The documentary then interpolates the audio from the 911 call to Allen Fieldhouse for chest pains that resulted in Self’s hospitalization. Self downplays that bout with atrial fibrillation somewhat by noting that “a lot of people have it, so it’s not the biggest thing in the world.”
But his prior hospitalization last July, he says, was a “whole different story,” one in which he was on the golf course and suddenly thought he was having a heart attack.
As Self said at the time, he made some changes to his diet and exercise in the wake of that episode. The documentary features a scene in late January in which Self is with his family and eats his first piece of pizza in six months.

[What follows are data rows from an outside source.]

-- ===== src/Detokenizer/Batched.antt =====
-- `decode_batch` of detokenizer.py. One request may stand in a batch twice: the entries then share
-- its state.
use mini_infer.Prelude.{
  ℕ, Bool, true, false, Option, none, some, List, [], ◌∷◌, ◌++◌, map, ltb, if◌then◌else◌, length,
}
use mini_infer.Detokenizer.{
  Tokenizer, DecodeState, Decoder, find, state_or_new, get_or_create_state, store_state,
  batch_decode, is_token, or_else, slice,
}
use mini_infer.Detokenizer.Text.{find_valid_utf8_boundary}

-- What the first loop keeps of a request; one that was finished has no state.
pub record Entry : Type 0 where
  pub state : Option ℕ
  pub old_offset : ℕ
  pub is_eos : Bool

abbrev pub finished_entry : Entry
finished_entry = record { state = none; old_offset = 0; is_eos = true }

-- One turn of the first loop.
unfoldable pub enrol_one : Option ℕ → ℕ → ℕ → Decoder → Entry × Decoder
unfolding get_or_create_state
enrol_one eos_id req_id token_id d =
    let (s, d') = get_or_create_state req_id d in
    if s.finished then (finished_entry, d') else (
      record { state = some req_id; old_offset = s.read_offset; is_eos = is_token token_id eos_id },
      store_state req_id (record s { token_ids = s.token_ids ++ token_id ∷ []; dirty = true }) d',
    )

unfoldable pub enrol : Option ℕ → List (ℕ × ℕ) → Decoder → List Entry × Decoder
unfolding enrol_one
enrol eos_id [] d = ([], d)
enrol eos_id ((req_id, token_id) ∷ calls) d =
    let (e, d1) = enrol_one eos_id req_id token_id d in
    let (entries, d2) = enrol eos_id calls d1 in (e ∷ entries, d2)

abbrev pub state_at : ℕ → Decoder → DecodeState
state_at req_id d = state_or_new (find req_id d.states)

-- The requests whose text is to be decoded, with whether it is the last time.
unfoldable pub to_decode : List Entry → Decoder → List (ℕ × Bool)
to_decode [] d = []
to_decode (e ∷ entries) d =
    let rest = to_decode entries d in
    elim e.state [
      | none ↦ rest
      | some req_id ↦ if (state_at req_id d).dirty then (req_id, e.is_eos) ∷ rest else rest
    ]

abbrev pub safe_end_of : Bool → List ℕ → ℕ → ℕ
safe_end_of is_final full_text read_offset =
    if is_final then length full_text else find_valid_utf8_boundary full_text read_offset

-- The second loop: each text goes into its state.
unfoldable pub settle_one : Bool → List ℕ → DecodeState → DecodeState
unfolding find_valid_utf8_boundary
settle_one is_final full_text s =
    let safe_end = safe_end_of is_final full_text s.read_offset in
    if ltb s.read_offset safe_end
    then record s {
      text = full_text;
      dirty = false;
      output_text = s.output_text ++ slice full_text s.read_offset safe_end;
      read_offset = safe_end;
    }
    else record s { text = full_text; dirty = false }

unfoldable pub settle : List (ℕ × Bool) → List (List ℕ) → Decoder → Decoder
unfolding settle_one
settle [] texts d = d
settle (r ∷ requests) [] d = d
settle ((req_id, is_final) ∷ requests) (full_text ∷ texts) d =
    settle requests texts (store_state req_id (settle_one is_final full_text (state_at req_id d)) d)

-- A result is the delta, whether the request is finished, and its full text.
abbrev pub Streamed : Type 0
Streamed = List ℕ × Bool × List ℕ

-- The third loop.
unfoldable pub result_of : Entry → Decoder → Streamed × Decoder
result_of e d = elim e.state [
  | none ↦ (([], true, []), d)
  | some req_id ↦
      let s = state_at req_id d in
      let delta =
        if ltb e.old_offset s.read_offset then slice s.text e.old_offset s.read_offset else [] in
      (
        (delta, e.is_eos, s.text),
        store_state req_id (record s { finished = if e.is_eos then true else s.finished }) d,
      )
]

unfoldable pub results_of : List Entry → Decoder → List Streamed × Decoder
unfolding result_of
results_of [] d = ([], d)
results_of (e ∷ entries) d =
    let (r, d1) = result_of e d in let (results, d2) = results_of entries d1 in (r ∷ results, d2)

unfoldable pub decode_batch :
    Tokenizer → Option ℕ → List (ℕ × ℕ) → Decoder → List Streamed × Decoder
unfolding enrol to_decode settle results_of batch_decode
decode_batch t eos_token_id calls d =
    let (entries, d1) = enrol (or_else eos_token_id t.eos_token_id) calls d in
    let requests = to_decode entries d1 in
    let texts = batch_decode t d1 (map (λ r. (state_at r.0 d1).token_ids) requests) in
    results_of entries (settle requests texts d1)
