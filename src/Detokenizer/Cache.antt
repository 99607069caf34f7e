-- ===== src/Detokenizer/Cache.antt =====
-- The decode cache: `_decode_with_cache` of detokenizer.py.
use mini_infer.Prelude.{
  All-append, All-drop, ℕ, ◌/◌, ◌≤◌, ◌<◌, ◌≡◌, refl, sym, ap, ◌∙◌, subst, Bool, Option, some,
  Option-cases, List, [], ◌∷◌, map, arith, leb, ◌==◌, ==_iff, length, length-append, length-drop,
  All, inl, inr, Bool-cases, if_both,
}
use mini_infer.Detokenizer.{
  Tokenizer, DecodeState, Decoder, new_decoder, find, decode_text, make_room, decode_with_cache,
}

-- The key tells the sequences of a set apart.
abbrev pub NoCollision : Tokenizer → (List ℕ → Type 0) → Type 0
NoCollision t used = (xs ys : List ℕ) → used xs → used ys → t.hash xs ≡ t.hash ys → xs ≡ ys

-- An entry holds the text of a sequence that has its key.
abbrev pub IsEntry : Tokenizer → (List ℕ → Type 0) → (List ℕ → List ℕ) → ℕ × List ℕ → Type 0
IsEntry t used text e = (xs : List ℕ) × used xs × (e.0 ≡ t.hash xs) × (e.1 ≡ text xs)

pub record IsCached (t : Tokenizer) (used : List ℕ → Type 0) (text : List ℕ → List ℕ) (d : Decoder)
    : Type 0 where
  pub decodes : (xs : List ℕ) → decode_text t d xs ≡ text xs
  pub entries : All (IsEntry t used text) d.decode_cache
  pub room : length d.decode_cache ≤ d.decode_cache_size
  pub size : d.decode_cache_size ≡ 1024

find-All :
    (P : ℕ × List ℕ → Type 0) (k : ℕ) (entries : List (ℕ × List ℕ)) (v : List ℕ)
    → find k entries ≡ some v
    → All P entries
    → P (k, v)
unfolding find
find-All P k [] v e h = cc
find-All P k ((j, w) ∷ entries) v e h = elim (Bool-cases (j == k)) [
  | inl c ↦
      let i : j ≡ k = (==_iff j k).0 c in
      let f : some w ≡ some v = rw c at e in
      let w' : w ≡ v = cc in subst P (ap (λ a. (a, w)) i ∙ ap (λ a. (k, a)) w') h.0
  | inr c ↦ find-All P k entries v (rw c at e) h.1
]

module _ (t : Tokenizer) (used : List ℕ → Type 0) (text : List ℕ → List ℕ)
    (n : NoCollision t used) where
  hit :
      (xs v : List ℕ) (d : Decoder)
      → used xs
      → find (t.hash xs) d.decode_cache ≡ some v
      → IsCached t used text d
      → v ≡ text xs
  hit xs v d u e h =
      let (ys, w, k, x) = find-All (IsEntry t used text) (t.hash xs) d.decode_cache v e h.entries in
      x ∙ ap text (sym (n xs ys u w k))

  make_room-All : (d : Decoder) → IsCached t used text d → All (IsEntry t used text) (make_room t d)
  make_room-All d h =
      if_both (All (IsEntry t used text)) (leb d.decode_cache_size (length d.decode_cache))
        (All-drop (IsEntry t used text) (d.decode_cache_size / 2) d.decode_cache h.entries)
        h.entries

  length-make_room : (d : Decoder) → IsCached t used text d → length (make_room t d) < 1024
  length-make_room d h =
      ground (arith, h.room, h.size, length-drop (d.decode_cache_size / 2) d.decode_cache)

  pub states-IsCached :
      (states : List (ℕ × DecodeState)) (d : Decoder)
      → IsCached t used text d
      → IsCached t used text (record d { states = states })
  unfolding decode_text
  states-IsCached states d h = record {
    decodes = λ xs. h.decodes xs;
    entries = h.entries;
    room = h.room;
    size = h.size;
  }

  pub decode_with_cache_lem :
      (xs : List ℕ) (d : Decoder)
      → used xs
      → IsCached t used text d
      → ((decode_with_cache t xs d).0 ≡ text xs)
        × IsCached t used text (decode_with_cache t xs d).1
        × ((decode_with_cache t xs d).1.states ≡ d.states)
  unfolding decode_with_cache decode_text
  decode_with_cache_lem xs d u h = elim (Option-cases (find (t.hash xs) d.decode_cache)) [
    | inl e ↦ rw e (
      h.decodes xs,
      record {
        decodes = λ ys. h.decodes ys;
        entries =
            All-append (IsEntry t used text) (make_room t d) _ (make_room-All d h)
              ((xs, u, refl, h.decodes xs), tt);
        room = omega (
          arith,
          h.size,
          length-make_room d h,
          length-append (make_room t d) ((t.hash xs, decode_text t d xs) ∷ []),
        );
        size = h.size;
      },
      refl,
    )
    | inr (v, e) ↦ rw e (
      hit xs v d u e h,
      record { decodes = λ ys. h.decodes ys; entries = h.entries; room = h.room; size = h.size },
      refl,
    )
  ]

-- The sequences, decoded one after another.
unfoldable pub decode_seqs : Tokenizer → List (List ℕ) → Decoder → List (List ℕ) × Decoder
unfolding decode_with_cache
decode_seqs t [] d = ([], d)
decode_seqs t (xs ∷ seqs) d =
    let (x, d') = decode_with_cache t xs d in
    let (texts, d'') = decode_seqs t seqs d' in (x ∷ texts, d'')

decode_seqs_lem :
    (t : Tokenizer) (used : List ℕ → Type 0) (text : List ℕ → List ℕ) (seqs : List (List ℕ))
    (d : Decoder)
    → NoCollision t used
    → All used seqs
    → IsCached t used text d
    → ((decode_seqs t seqs d).0 ≡ map text seqs) × IsCached t used text (decode_seqs t seqs d).1
unfolding decode_seqs
decode_seqs_lem t used text [] d n u h = (refl, h)
decode_seqs_lem t used text (xs ∷ seqs) d n u h =
    let (x, k, s) = decode_with_cache_lem t used text n xs d u.0 h in
    let (rest, l) = decode_seqs_lem t used text seqs (decode_with_cache t xs d).1 n u.1 k in
    (rw (x, rest), l)

pub new_decoder-IsCached :
    (t : Tokenizer) (used : List ℕ → Type 0) (skip : Bool) (clean : Option Bool)
    → IsCached t used (decode_text t (new_decoder skip clean)) (new_decoder skip clean)
new_decoder-IsCached t used skip clean =
    unfold new_decoder in
    record { decodes = λ xs. refl; entries = tt; room = omega arith; size = refl }

-- A new decoder returns for each of any number of sequences, decoded one after another through the
-- cache, the tokenizer's own text, whatever is repeated or evicted, and its cache never holds more
-- than 1024 texts, if no two of the sequences have the same hash and differ.
pub decode_seqs-decode_text :
    (t : Tokenizer) (used : List ℕ → Type 0) (skip : Bool) (clean : Option Bool)
    (seqs : List (List ℕ))
    → NoCollision t used
    → All used seqs
    → let d = new_decoder skip clean in
      ((decode_seqs t seqs d).0 ≡ map (decode_text t d) seqs)
      × (length (decode_seqs t seqs d).1.decode_cache ≤ 1024)
decode_seqs-decode_text t used skip clean seqs n u =
    let d = new_decoder skip clean in
    let (e, h) =
      decode_seqs_lem t used (decode_text t d) seqs d n u
        (new_decoder-IsCached t used skip clean) in
    (e, omega (arith, h.room, h.size))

“It’s no way to live,” Self says, to which his daughter Lauren Browning responds, “That actually is the way to live.”
• Evidently, weeks or months before Darryn Peterson spoke to several reporters in the locker room after KU’s Big 12 tournament win over TCU about his severe cramping episode prior to the season, he had recounted it to the “Made for March” documentary crew.
He explains that a couple days after the conclusion of KU basketball’s September conditioning boot camp, he “hit a freshman wall” at practice.
“And then I had, like, a full-body cramp, like I thought I was about to die,” Peterson says. “My legs was stuck straight, I couldn’t bend them. My arms, my back, my stomach, everything was just cramping up. They had to call 911, all types of stuff, like get an IV.”
Self said that it was “a big deal, one that made him very nervous, and in turn made us nervous too.”
“I’ve always thought, ‘Oh God, everybody gets those,'” Self said. “‘You know, I can get a cramp at night.’ This wasn’t one of those (types) of cramps. I had never seen anybody experience what he went through for that period of time, and it was scary because this young man was hurting.”
Peterson, of course, went on to deal with periodic cramping issues, along with a couple of other various injuries, until mid-February, before he played nine full games to close the season.
By the way, elsewhere in the documentary, Self describes Peterson’s first-half performance against BYU as “the best I’ve ever seen a kid play in Allen Fieldhouse.”
• The series’ extensive coverage of that BYU game includes a bit of time spent with KU and NBA great Paul Pierce, who visited Allen Fieldhouse for the first time since 2011. It includes a brief speech he gave to the Jayhawks at practice ahead of the game.
“I done played around the world in so many different arenas, man,” Pierce says. “Ain’t no place like this, man. You wear a jersey every day — treat that like a badge of honor. This is a badge of honor you’re wearing, really. You know what I’m saying? This stays with you the rest of your life.
“So I just want y’all to treat it like that, protect this house. This is what it’s all about because you don’t get these opportunities like this often, because once you leave here, it ain’t going to be no arenas like this.”